From drinking or texting while driving to using a designated driver, a new survey from Liberty Mutual Insurance and SADD (Students Against Destructive Decisions), highlights a sharp disconnect between what teens acknowledge as risky behavior and what they actually admit to doing behind the wheel. Teens know that drinking or using a cell phone while driving are dangerous behaviors – that’s no surprise. What is surprising is that according to a new survey teens seem to have a different definition of what it actually means to engage in these potentially deadly behaviors.
According to the survey results, teens claim to understand the dangers surrounding drinking and driving:
- The majority (86 percent) of teen drivers consider driving under the influence of alcohol to be extremely or very distracting
- Only 1 percent of teens define driving under the influence of alcohol as acceptable
- Only 5 percent of teens admit to at least sometimes driving under the influence of alcohol
However, when asked about actual driving behavior involving alcohol, driving “under the influence” takes on a different definition:
- One in 10 teens who say they never drive under the influence acknowledge that they occasionally drive after having an alcoholic beverage
- More than two-thirds of teens (68 percent) who admit to driving under the influence of alcohol say they have done so after having more than three alcoholic beverages
According to the National Highway Traffic Safety Administration, a quarter of fatal crashes that involve young drivers resulted from drinking and driving.

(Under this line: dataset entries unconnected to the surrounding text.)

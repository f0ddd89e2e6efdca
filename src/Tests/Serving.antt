-- ===== src/Tests/Serving.antt =====
-- The theorems on serving and top-ups, on the gate with one on-chain challenge.
use dcr.Prelude.{
  ℕ, zero, suc, ◌<◌, ◌≡◌, ◌≢◌, ◌⊎◌, refl, true, false, [], ◌∷◌, Option, none, some, replicate,
  arith, All,
}
use dcr.Prelude.Int64.{ℤ, pos, wrap, ◌+ℤ◌}
use dcr.Prelude.Bytes.{Bytes, Bytes-discrete, codes, lookup, insert}
use dcr.GoText.{hex_decode, hex_encode, has_prefix, format_int, parse_int}
use dcr.L402.{decode_identifier}
use dcr.L402.Wire.{
  marshal_binary, append_packet, append_varint, append_caveats, put_uvarint, uvarint,
  unmarshal_binary, unmarshal_body, parse_section, parse_packet, parse_caveats,
}
use dcr.Ledger as Credits
use dcr.Ledger.{Ledger, new_memory, grant, balance}
use dcr.Gate.{GateStore, settle, get_onchain_challenge}
use dcr.Gate.X402.{equal_semantic, json_value_equal, deep_equal}
use dcr.Gate.Verify.{check_envelope, verify_onchain, read_txid}
use dcr.Gate.Settle.{
  Outcome, Proof, admit, prove, settle_full, account_from_macaroon, response_for, authorize_token,
  credential_for,
}
use dcr.Gate.Once.{settles, run}
use dcr.Gate.Mint.{Config, Draw, mint_credential}
use dcr.Gate.Mint.Accepted.{minted_accepted}
use dcr.Gate.Serve.{
  Request, PaymentId, Presented, accepted, serve, serve_payment, settle_and_reply, credential_of,
}
use dcr.Gate.Serve.Order.{FirstUse, serve_runs_handler}
use dcr.Gate.Topup.{already_credited, settle_topup}
use dcr.Gate.Topup.Once.{topup_credits_once, spent_proof_credits}
use dcr.Ledger.{charge}
use dcr.Tests.Tokens.{crypto}
use dcr.Tests.Gates.{env, store, payload, proof, account, read-write}

abbrev pub cfg : Config
cfg = record {
  env = env;
  crypto = crypto;
  encoders = record {
    base64_encode = λ text. text;
    requirements = λ entry. codes "{}";
    lightning_extra = λ invoice hash. codes "{}";
    onchain_extra = λ confirmations credential. codes "{}";
  };
  pay_to = codes "02ab";
  tier = pos 0;
  capabilities = [];
  token_ttl = 100;
  challenge_ttl = 60;
}

abbrev preimage : Bytes
preimage = replicate 32 5

fives : (n : ℕ) → All (λ b. b < 256) (replicate n 5)
fives zero = tt
fives (suc n) = (omega arith, fives n)

abbrev plain : ((false ≡ false) × (false ≡ false) × (false ≡ false)) × (false ≡ false)
plain = ((refl, refl, refl), refl)

abbrev pub token_id : Bytes
token_id = replicate 32 9

minted_accepted_example :
    let ((mac, mac_b64), m') =
      mint_credential cfg store (crypto.sha256 preimage) token_id (codes "root") 7 in
    authorize_token env crypto
      (run m' (settles (codes "hash") [] ∷ []))
      (mac ∷ [])
      (hex_encode preimage)
      50
    ≡ some (hex_encode token_id)
minted_accepted_example =
    minted_accepted cfg
      (record {
        named = (plain, (plain, (plain, tt)));
        tier = 0;
        tier_is = refl;
        no_capabilities = refl;
      })
      store preimage token_id (codes "root") [] 7 50 (settles (codes "hash") [] ∷ []) refl
      (fives 32) refl (omega arith) tt

abbrev used : GateStore
used = record store {
  settlements = (proof.settle_key, env.responses.marshal (response_for env payload proof 50)) ∷ [];
}

spent_proof_credits_example :
    (l' : Ledger) × (out : Outcome) × (total : ℤ) × (settle_topup cfg used new_memory payload 60
      ≡ (already_credited out total, record { store = used; ledger = some l' }))
    × (total ≡ pos 500)
    × (balance l' account ≡ total)
unfolding admit prove check_envelope verify_onchain read_txid get_onchain_challenge equal_semantic
    json_value_equal deep_equal account_from_macaroon hex_decode lookup marshal_binary append_packet
    append_caveats append_varint put_uvarint uvarint unmarshal_binary unmarshal_body parse_section
    parse_packet parse_caveats decode_identifier Bytes-discrete wrap ◌+ℤ◌ balance
spent_proof_credits_example =
    spent_proof_credits cfg used new_memory payload 60 proof account
      (env.responses.marshal (response_for env payload proof 50))
      (response_for env payload proof 50) refl refl (read-write (response_for env payload proof 50))
      (λ e. absurd cc) (omega arith) refl

abbrev pub settled_now : Outcome
settled_now = record {
  response = response_for env payload proof 50;
  already = false;
  account_id = account;
  rail = proof.rail;
  external_ref = proof.external_ref;
  amount_atoms = proof.amount_atoms;
}

abbrev settled_again : Outcome
settled_again = record {
  response = response_for env payload proof 50;
  already = true;
  account_id = account;
  rail = proof.rail;
  external_ref = proof.external_ref;
  amount_atoms = proof.amount_atoms;
}

topup_credits_once_example :
    let l1 =
      (grant new_memory settled_now.account_id settled_now.amount_atoms
        settled_now.external_ref).1 in
    let l' = Credits.run l1 [] in
    ((settle_topup cfg store new_memory payload 50).1.ledger ≡ some l1)
    × (settle_topup cfg used l' payload 60 ≡ (
      already_credited settled_again (balance l' settled_now.account_id),
      record { store = (settle_full env used payload (pos 0) 60).1; ledger = some l' },
    ))
unfolding admit prove check_envelope verify_onchain read_txid get_onchain_challenge equal_semantic
    json_value_equal deep_equal account_from_macaroon hex_decode lookup marshal_binary append_packet
    append_caveats append_varint put_uvarint uvarint unmarshal_binary unmarshal_body parse_section
    parse_packet parse_caveats decode_identifier Bytes-discrete settle_full settle settle_topup
    grant response_for hex_encode format_int credential_for insert has_prefix parse_int wrap ◌+ℤ◌
topup_credits_once_example =
    topup_credits_once cfg store used new_memory payload payload 50 60 settled_now settled_again
      (settle_topup cfg store new_memory payload 50).1 (pos 500) [] refl refl refl (omega arith)

-- A request with a proof and no credential.
abbrev pub request : Request
request = record {
  authorization = [];
  payment_signature = codes "proof";
  resource = codes "https://shop.org/api";
}

abbrev pub no_ids : PaymentId
no_ids = record { enabled = false; required = false }

abbrev pub presented : Bytes → Option Presented
presented text = some (record { payload = payload; payment_id = none })

abbrev pub draw : Draw
draw = record { now = 50; invoice = none; token_id = token_id; root_key = codes "root" }

serve_runs_handler_example :
    let m' = (serve cfg no_ids presented store request (pos 400) draw).1 in
    ((credential_of cfg no_ids presented store request 50 ≡ accepted)
      × (some settled_now.response ≡ none)
      × (m' ≡ store))
    ⊎ ((credential_of cfg no_ids presented store request 50 ≢ accepted)
        × ((p : Proof) × FirstUse env store (pos 400) 50 m' p))
unfolding admit prove check_envelope verify_onchain read_txid get_onchain_challenge equal_semantic
    json_value_equal deep_equal account_from_macaroon hex_decode lookup marshal_binary append_packet
    append_caveats append_varint put_uvarint uvarint unmarshal_binary unmarshal_body parse_section
    parse_packet parse_caveats decode_identifier Bytes-discrete settle_full settle serve
    serve_payment settle_and_reply credential_of response_for format_int credential_for has_prefix
    parse_int
serve_runs_handler_example =
    serve_runs_handler cfg no_ids presented store
      (serve cfg no_ids presented store request (pos 400) draw).1 request (pos 400) draw
      (some settled_now.response) refl
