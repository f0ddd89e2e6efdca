-- ===== src/Tests/Gateways.antt =====
-- The theorems on credits and the gateway, on the gate with one on-chain challenge.
use dcr.Prelude.{◌≡◌, ◌⊎◌, refl, true, false, [], ◌∷◌, none, some}
use dcr.Prelude.Int64.{ℤ, pos, wrap, ◌+ℤ◌}
use dcr.Prelude.Bytes.{Bytes, Bytes-discrete, codes, lookup, insert}
use dcr.GoText.{hex_decode, has_prefix, trim_space, format_int, parse_int}
use dcr.L402.{decode_identifier}
use dcr.L402.Wire.{
  marshal_binary, append_packet, append_varint, append_caveats, put_uvarint, uvarint,
  unmarshal_binary, unmarshal_body, parse_section, parse_packet, parse_caveats,
}
use dcr.Ledger as Credits
use dcr.Ledger.{Ledger, new_memory, grant, balance}
use dcr.Gate.{settle, get_onchain_challenge}
use dcr.Gate.X402.{equal_semantic, json_value_equal, deep_equal}
use dcr.Gate.Verify.{check_envelope, verify_onchain, read_txid}
use dcr.Gate.Settle.{admit, prove, settle_full, account_from_macaroon, response_for, credential_for}
use dcr.Gate.Serve.{serve, serve_payment, settle_and_reply, credential_of}
use dcr.Gate.Topup.{Books}
use dcr.Gate.Topup.Accounts.{done, runs, credential_account, require_credits}
use dcr.Gate.Topup.Charges.{IsRefusal, require_credits_charges}
use dcr.Gate.Mcp.{MetaCodec, meta_payment, decode_meta_payment, mcp_settle}
use dcr.GoText.{trim_left, cut, parse_digits}
use dcr.GoText.Words.{to_upper, upper_byte, fields, split_space}
use dcr.Gateway.{
  UpstreamConfig, Upstream, parse_dcr, parse_cut, parse_fraction, up_for, tool_price_for,
}
use dcr.Gateway.Config.{
  Urls, resolve_upstreams, resolve_upstream, insert_upstream, normalize_price_key, resolve_prices,
}
use dcr.Gateway.Prices.{AllPriced, resolved_prices_positive}
use dcr.Gateway.Routes.{NoRoute, Chosen, up_for_longest}
use dcr.Gateway.Mcp.{
  Rpc, ToolCall, McpRequest, mcp_handler, handle_message, handle_tool_call, call_tool, call_priced,
  call_per_call, settle_tool, trim_left_json, duplicate_key,
}
use dcr.Gateway.Mcp.Gating.{Paid, mcp_handler-Paid}
use dcr.Ledger.{charge}
use dcr.Gateway.Http.{HttpRequest, priced, upstream_handler}
use dcr.Gateway.Http.Gating.{PaidBy, upstream_handler-PaidBy}
use dcr.Tests.Serving.{cfg, request, no_ids, presented, draw}
use dcr.Tests.Gates.{store, payload}

abbrev books : Books
books = record { store = store; ledger = some new_memory }

require_credits_charges_example :
    let (reply, b') = require_credits cfg books (codes "L402 token:00") (pos 5) [] 50 in
    ((l : Ledger) × (account_id : Bytes) × (total : ℤ) × (some new_memory ≡ some l)
      × (credential_account cfg store (codes "L402 token:00") 50 ≡ done account_id)
      × ((charge l account_id (pos 5) []).0 ≡ Credits.ok total)
      × (reply ≡ runs total)
      × (b' ≡ record { store = store; ledger = some (charge l account_id (pos 5) []).1 }))
    ⊎ (IsRefusal reply × (b' ≡ books))
require_credits_charges_example =
    require_credits_charges cfg books (codes "L402 token:00") (pos 5) [] 50

-- A gateway with one MCP upstream.
abbrev upstream_config : UpstreamConfig
upstream_config = record {
  route = codes "/api/";
  target = codes "http://inner";
  mcp = true;
  mode = codes "percall";
  prices = (codes "get /api/x", codes "0.00001") ∷ [];
  price_default = [];
  tool_prices = (codes "draw", codes "0.000004") ∷ [];
  tool_price_default = [];
  free_tools = [];
}

abbrev upstream : Upstream
upstream = record {
  route = codes "/api/";
  target = codes "http://inner";
  mcp = true;
  mode = codes "percall";
  prices = (codes "GET /api/x", pos 1000) ∷ [];
  price_default = pos 0;
  tool_prices = (codes "draw", pos 400) ∷ [];
  tool_price_default = pos 0;
  free_tools = [];
}

abbrev urls : Urls
urls = record { parse = λ text. some (codes "http", codes "inner"); clean = λ path. path }

resolved_prices_positive_example : AllPriced (upstream ∷ [])
unfolding resolve_upstreams resolve_upstream insert_upstream normalize_price_key resolve_prices
    parse_dcr parse_cut parse_fraction insert trim_space trim_left cut parse_int parse_digits
    to_upper upper_byte fields split_space Bytes-discrete wrap ◌+ℤ◌
resolved_prices_positive_example =
    resolved_prices_positive urls (upstream_config ∷ []) (upstream ∷ []) refl

up_for_longest_example :
    ((up_for (upstream ∷ []) (codes "/api/x") ≡ none) × NoRoute (codes "/api/x") (upstream ∷ []))
    ⊎ ((u : Upstream) × (up_for (upstream ∷ []) (codes "/api/x") ≡ some u)
        × Chosen (codes "/api/x") (upstream ∷ []) u)
up_for_longest_example = up_for_longest (codes "/api/x") (upstream ∷ [])

abbrev json : MetaCodec
json = record {
  payload = λ text. some payload;
  write_payload = λ pp. [];
  response = λ text. none;
  write_response = λ sr. [];
  required = λ text. none;
  write_required = λ pr. [];
}

abbrev tool_call : ToolCall
tool_call = record { name = codes "draw"; meta = (meta_payment, codes "proof") ∷ [] }

abbrev rpc : Rpc
rpc = record {
  batch = λ text. none;
  message = λ text. some (record { method = codes "tools/call"; params = [] });
  tool_call = λ text. some tool_call;
  keys = λ text. none;
}

abbrev call : McpRequest
call = record {
  is_post = true;
  body = some (codes "{}");
  authorization = [];
  url = codes "https://shop.org/api/";
}

mcp_handler-Paid_example :
    Paid cfg json upstream books call
      (pos 400)
      draw
      (mcp_handler cfg json rpc upstream books call draw).1
unfolding admit prove check_envelope verify_onchain read_txid get_onchain_challenge equal_semantic
    json_value_equal deep_equal account_from_macaroon hex_decode lookup marshal_binary append_packet
    append_caveats append_varint put_uvarint uvarint unmarshal_binary unmarshal_body parse_section
    parse_packet parse_caveats decode_identifier Bytes-discrete settle_full settle response_for
    format_int credential_for has_prefix parse_int mcp_handler handle_message handle_tool_call
    call_tool call_priced call_per_call settle_tool mcp_settle decode_meta_payment tool_price_for
    trim_left_json duplicate_key
mcp_handler-Paid_example =
    mcp_handler-Paid cfg json rpc upstream books call draw (codes "{}")
      (record { method = codes "tools/call"; params = [] }) tool_call refl refl refl refl refl refl
      refl tt

abbrev http_upstream : Upstream
http_upstream = record upstream { mcp = false; prices = (codes "GET /api/x", pos 400) ∷ [] }

abbrev http_request : HttpRequest
http_request = record {
  method = codes "get";
  path = codes "/api/x";
  idempotency_key = [];
  gated = request;
}

upstream_handler-PaidBy_example :
    let (reply, b') =
      upstream_handler cfg no_ids presented urls http_upstream books http_request draw in
    ((some (pos 400) ≡ none) × (false ≡ false) × (b' ≡ books))
    ⊎ PaidBy cfg no_ids presented books http_request draw http_upstream.mode (pos 400) b'
unfolding admit prove check_envelope verify_onchain read_txid get_onchain_challenge equal_semantic
    json_value_equal deep_equal account_from_macaroon hex_decode lookup marshal_binary append_packet
    append_caveats append_varint put_uvarint uvarint unmarshal_binary unmarshal_body parse_section
    parse_packet parse_caveats decode_identifier Bytes-discrete settle_full settle response_for
    format_int credential_for has_prefix parse_int upstream_handler priced serve serve_payment
    settle_and_reply credential_of to_upper upper_byte
upstream_handler-PaidBy_example =
    upstream_handler-PaidBy cfg no_ids presented urls http_upstream books http_request draw tt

“While many teens seem to have gotten the message about these driving dangers, the real challenge is to make sure they understand that even a sip of alcohol or a quick text at a red light can be deadly,” said David Melton, driving safety expert with Liberty Mutual Insurance and managing director of global safety. “Teens need to realize it’s not acceptable to put an allowable limit to their engagement in these behaviors – they need to be eliminated entirely when they are behind the wheel.”
While underage drinking is never acceptable and always illegal, many teens and parents consider a designated driver to be a safe alternative to impaired driving. In fact, more than half of parents (58 percent) encourage teens to use designated drivers to avoid driving under the influence, and almost half of teens (47 percent) admit to using one.
However, teens’ definitions of “designated” are concerning:
- Designated Means “Basically Sober”: 21 percent of teens define their designated driver as allowed to have “a little” alcohol or other drugs, as long as they aren’t too impaired to drive
- Designated Means “Least Impaired”: 4 percent of teens describe their designated driver as the “most” sober person in the group
“With teens reporting these lax definitions of what it means to be ‘under the influence,’ a zero tolerance approach is the only answer to prevent potential tragedy,” said Stephen Gray Wallace, senior advisor for policy, research and education at SADD. “The parents and community have a responsibility to initiate and maintain an open dialogue with teens about exactly what driving under the influence means.”
According to the U.S. Department of Transportation, more than 3,300 deaths were reported in 2012 alone as the result of distracted driving, many attributed to talking or texting on a cell phone. Teens seem to understand the dangers of these behaviors:
- Nearly all (96 percent) teen drivers understand that using a cell phone while driving – either talking or texting – is at least slightly distracting
- 62 percent of teen drivers think texting and driving is extremely or very distracting
However, according to the new data, teen drivers often do not grasp the dangers of what it actually means to use a phone while driving:
- The majority of teen drivers (86 percent) still admit to using a cell phone behind the wheel
- Nearly half (47 percent) of the teen drivers who say they never text while driving still admit to texting at a red light or stop sign
- 68 percent of teen drivers admit to reading or replying to text messages while driving
“It’s critical not only for teens, but all drivers to understand that any time you pull out your phone when you are driving, whether you’re moving or at a stoplight, your attention is diverted and you put yourself, passengers and others on the road at risk,” said Melton. “If you need to use your phone while driving, find a safe place to pull off the road to make a call or send a text. It’s not worth the risk to respond at a stop sign or before the light turns green.”
Liberty Mutual Insurance and SADD commissioned ORC International to conduct a qualitative and quantitative methodology to measure teen driving attitudes and behaviors. The study was initiated with a series of focus groups held in Philadelphia, Pa., and Dallas, Texas from May 29 – May 30, 2013, followed by a survey of 2,537 eleventh and twelfth graders from across the country. Overall the findings from the study can be interpreted at a 95 percent confidence interval with an error margin of +/- 1.68 percent. Error margins for subsets such as licensed drivers will be wider. Additionally, the study surveyed 1,000 parents of high school aged teenage drivers, providing an overall error margin of +/- 2.94 percent.